▶ EXERCISE BRIEF
Among the entries below, copy every line that carries the word "Tests".
################
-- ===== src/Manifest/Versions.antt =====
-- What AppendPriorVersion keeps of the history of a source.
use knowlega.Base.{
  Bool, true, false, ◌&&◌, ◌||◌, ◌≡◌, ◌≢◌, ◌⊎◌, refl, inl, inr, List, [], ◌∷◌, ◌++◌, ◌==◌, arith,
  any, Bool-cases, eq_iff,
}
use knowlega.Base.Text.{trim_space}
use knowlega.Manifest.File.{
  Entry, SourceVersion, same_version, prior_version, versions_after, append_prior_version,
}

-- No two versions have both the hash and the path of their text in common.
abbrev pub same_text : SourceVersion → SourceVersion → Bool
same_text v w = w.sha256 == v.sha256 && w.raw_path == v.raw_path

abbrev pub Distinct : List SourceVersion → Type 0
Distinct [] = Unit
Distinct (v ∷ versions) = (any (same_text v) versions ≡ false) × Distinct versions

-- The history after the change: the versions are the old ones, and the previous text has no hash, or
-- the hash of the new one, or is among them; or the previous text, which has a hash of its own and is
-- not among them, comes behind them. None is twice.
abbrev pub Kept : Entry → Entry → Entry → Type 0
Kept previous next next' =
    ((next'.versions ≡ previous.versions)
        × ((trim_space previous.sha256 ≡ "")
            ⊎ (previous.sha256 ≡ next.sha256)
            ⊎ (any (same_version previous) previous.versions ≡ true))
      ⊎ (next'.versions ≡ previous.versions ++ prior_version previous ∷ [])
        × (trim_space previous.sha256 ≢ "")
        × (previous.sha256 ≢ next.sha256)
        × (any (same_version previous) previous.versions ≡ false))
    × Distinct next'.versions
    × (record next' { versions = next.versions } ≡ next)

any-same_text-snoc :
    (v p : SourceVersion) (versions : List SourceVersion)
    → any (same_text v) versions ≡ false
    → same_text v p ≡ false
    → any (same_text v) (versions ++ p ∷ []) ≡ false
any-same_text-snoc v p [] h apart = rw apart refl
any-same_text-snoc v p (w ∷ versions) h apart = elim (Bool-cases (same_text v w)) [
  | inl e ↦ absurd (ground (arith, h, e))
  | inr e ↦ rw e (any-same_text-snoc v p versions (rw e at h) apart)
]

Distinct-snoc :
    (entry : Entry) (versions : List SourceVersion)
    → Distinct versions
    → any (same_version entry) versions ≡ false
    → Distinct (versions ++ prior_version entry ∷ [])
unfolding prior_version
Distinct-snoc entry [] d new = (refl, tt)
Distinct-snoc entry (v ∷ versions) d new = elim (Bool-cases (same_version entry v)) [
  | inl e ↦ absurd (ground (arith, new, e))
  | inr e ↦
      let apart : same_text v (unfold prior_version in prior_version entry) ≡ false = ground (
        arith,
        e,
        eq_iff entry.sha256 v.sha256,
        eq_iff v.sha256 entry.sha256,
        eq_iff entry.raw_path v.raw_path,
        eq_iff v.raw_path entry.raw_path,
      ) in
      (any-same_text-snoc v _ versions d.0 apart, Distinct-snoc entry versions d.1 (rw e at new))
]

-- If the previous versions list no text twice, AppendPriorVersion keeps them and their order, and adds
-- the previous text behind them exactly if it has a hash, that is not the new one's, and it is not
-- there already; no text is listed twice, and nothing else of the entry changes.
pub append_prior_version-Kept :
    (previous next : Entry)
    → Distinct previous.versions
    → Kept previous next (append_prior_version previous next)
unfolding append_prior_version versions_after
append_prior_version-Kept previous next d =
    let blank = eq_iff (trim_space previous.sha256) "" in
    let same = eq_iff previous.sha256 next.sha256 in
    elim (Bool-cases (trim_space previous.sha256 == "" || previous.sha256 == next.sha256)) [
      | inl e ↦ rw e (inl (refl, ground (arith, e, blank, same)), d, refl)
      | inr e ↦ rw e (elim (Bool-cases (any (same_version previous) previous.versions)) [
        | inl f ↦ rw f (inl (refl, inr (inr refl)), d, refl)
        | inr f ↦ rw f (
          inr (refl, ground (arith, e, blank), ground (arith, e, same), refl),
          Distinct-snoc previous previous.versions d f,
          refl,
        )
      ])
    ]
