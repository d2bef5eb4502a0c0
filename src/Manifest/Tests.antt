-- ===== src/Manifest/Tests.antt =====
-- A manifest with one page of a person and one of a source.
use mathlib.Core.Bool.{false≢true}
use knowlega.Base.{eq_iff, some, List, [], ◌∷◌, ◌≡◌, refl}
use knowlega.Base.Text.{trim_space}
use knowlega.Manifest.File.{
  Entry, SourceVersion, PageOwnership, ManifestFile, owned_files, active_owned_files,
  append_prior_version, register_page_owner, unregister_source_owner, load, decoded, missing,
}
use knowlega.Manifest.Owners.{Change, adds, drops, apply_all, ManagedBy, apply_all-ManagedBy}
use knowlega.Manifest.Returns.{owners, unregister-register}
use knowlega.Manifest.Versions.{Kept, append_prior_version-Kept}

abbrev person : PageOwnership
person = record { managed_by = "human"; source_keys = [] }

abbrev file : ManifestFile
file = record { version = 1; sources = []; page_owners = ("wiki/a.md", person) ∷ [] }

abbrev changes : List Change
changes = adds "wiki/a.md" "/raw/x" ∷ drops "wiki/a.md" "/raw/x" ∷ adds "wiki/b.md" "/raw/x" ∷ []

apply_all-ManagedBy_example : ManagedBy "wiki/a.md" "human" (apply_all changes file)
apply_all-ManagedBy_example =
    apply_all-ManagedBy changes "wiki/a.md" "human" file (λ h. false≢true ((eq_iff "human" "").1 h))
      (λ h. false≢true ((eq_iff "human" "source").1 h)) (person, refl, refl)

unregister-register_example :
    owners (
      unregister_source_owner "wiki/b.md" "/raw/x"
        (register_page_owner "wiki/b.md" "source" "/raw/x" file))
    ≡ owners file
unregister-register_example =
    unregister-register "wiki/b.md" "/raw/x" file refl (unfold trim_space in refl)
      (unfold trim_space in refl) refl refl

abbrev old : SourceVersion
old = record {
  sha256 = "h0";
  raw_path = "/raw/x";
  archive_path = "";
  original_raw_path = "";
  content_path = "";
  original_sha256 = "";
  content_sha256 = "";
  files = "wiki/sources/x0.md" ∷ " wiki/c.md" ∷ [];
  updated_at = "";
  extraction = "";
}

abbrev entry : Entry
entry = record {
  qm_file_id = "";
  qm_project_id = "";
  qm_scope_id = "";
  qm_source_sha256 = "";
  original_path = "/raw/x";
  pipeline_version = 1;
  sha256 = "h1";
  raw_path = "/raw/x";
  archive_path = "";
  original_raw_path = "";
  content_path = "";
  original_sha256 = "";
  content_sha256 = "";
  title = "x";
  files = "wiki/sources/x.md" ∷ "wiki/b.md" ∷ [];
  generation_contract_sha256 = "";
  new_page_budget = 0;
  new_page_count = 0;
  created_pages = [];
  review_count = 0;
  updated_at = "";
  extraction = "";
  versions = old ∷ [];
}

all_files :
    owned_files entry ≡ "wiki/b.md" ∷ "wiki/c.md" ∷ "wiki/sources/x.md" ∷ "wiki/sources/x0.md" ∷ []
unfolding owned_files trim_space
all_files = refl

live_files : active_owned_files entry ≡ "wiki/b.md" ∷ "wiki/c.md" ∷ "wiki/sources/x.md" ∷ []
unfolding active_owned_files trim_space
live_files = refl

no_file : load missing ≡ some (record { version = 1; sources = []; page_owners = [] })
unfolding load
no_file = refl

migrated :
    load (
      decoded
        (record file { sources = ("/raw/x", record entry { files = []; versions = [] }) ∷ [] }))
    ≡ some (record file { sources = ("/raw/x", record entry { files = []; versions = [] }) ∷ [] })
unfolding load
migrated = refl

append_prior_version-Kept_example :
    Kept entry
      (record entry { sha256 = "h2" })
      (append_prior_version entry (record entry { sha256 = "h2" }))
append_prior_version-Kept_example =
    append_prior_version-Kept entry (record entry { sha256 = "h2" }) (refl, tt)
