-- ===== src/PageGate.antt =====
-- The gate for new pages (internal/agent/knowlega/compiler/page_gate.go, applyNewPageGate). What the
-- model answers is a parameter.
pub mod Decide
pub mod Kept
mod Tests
################
▶ RESPONSE
filename src/Manifest/Tests.antt
-- ===== src/Manifest/Tests.antt =====
mod Tests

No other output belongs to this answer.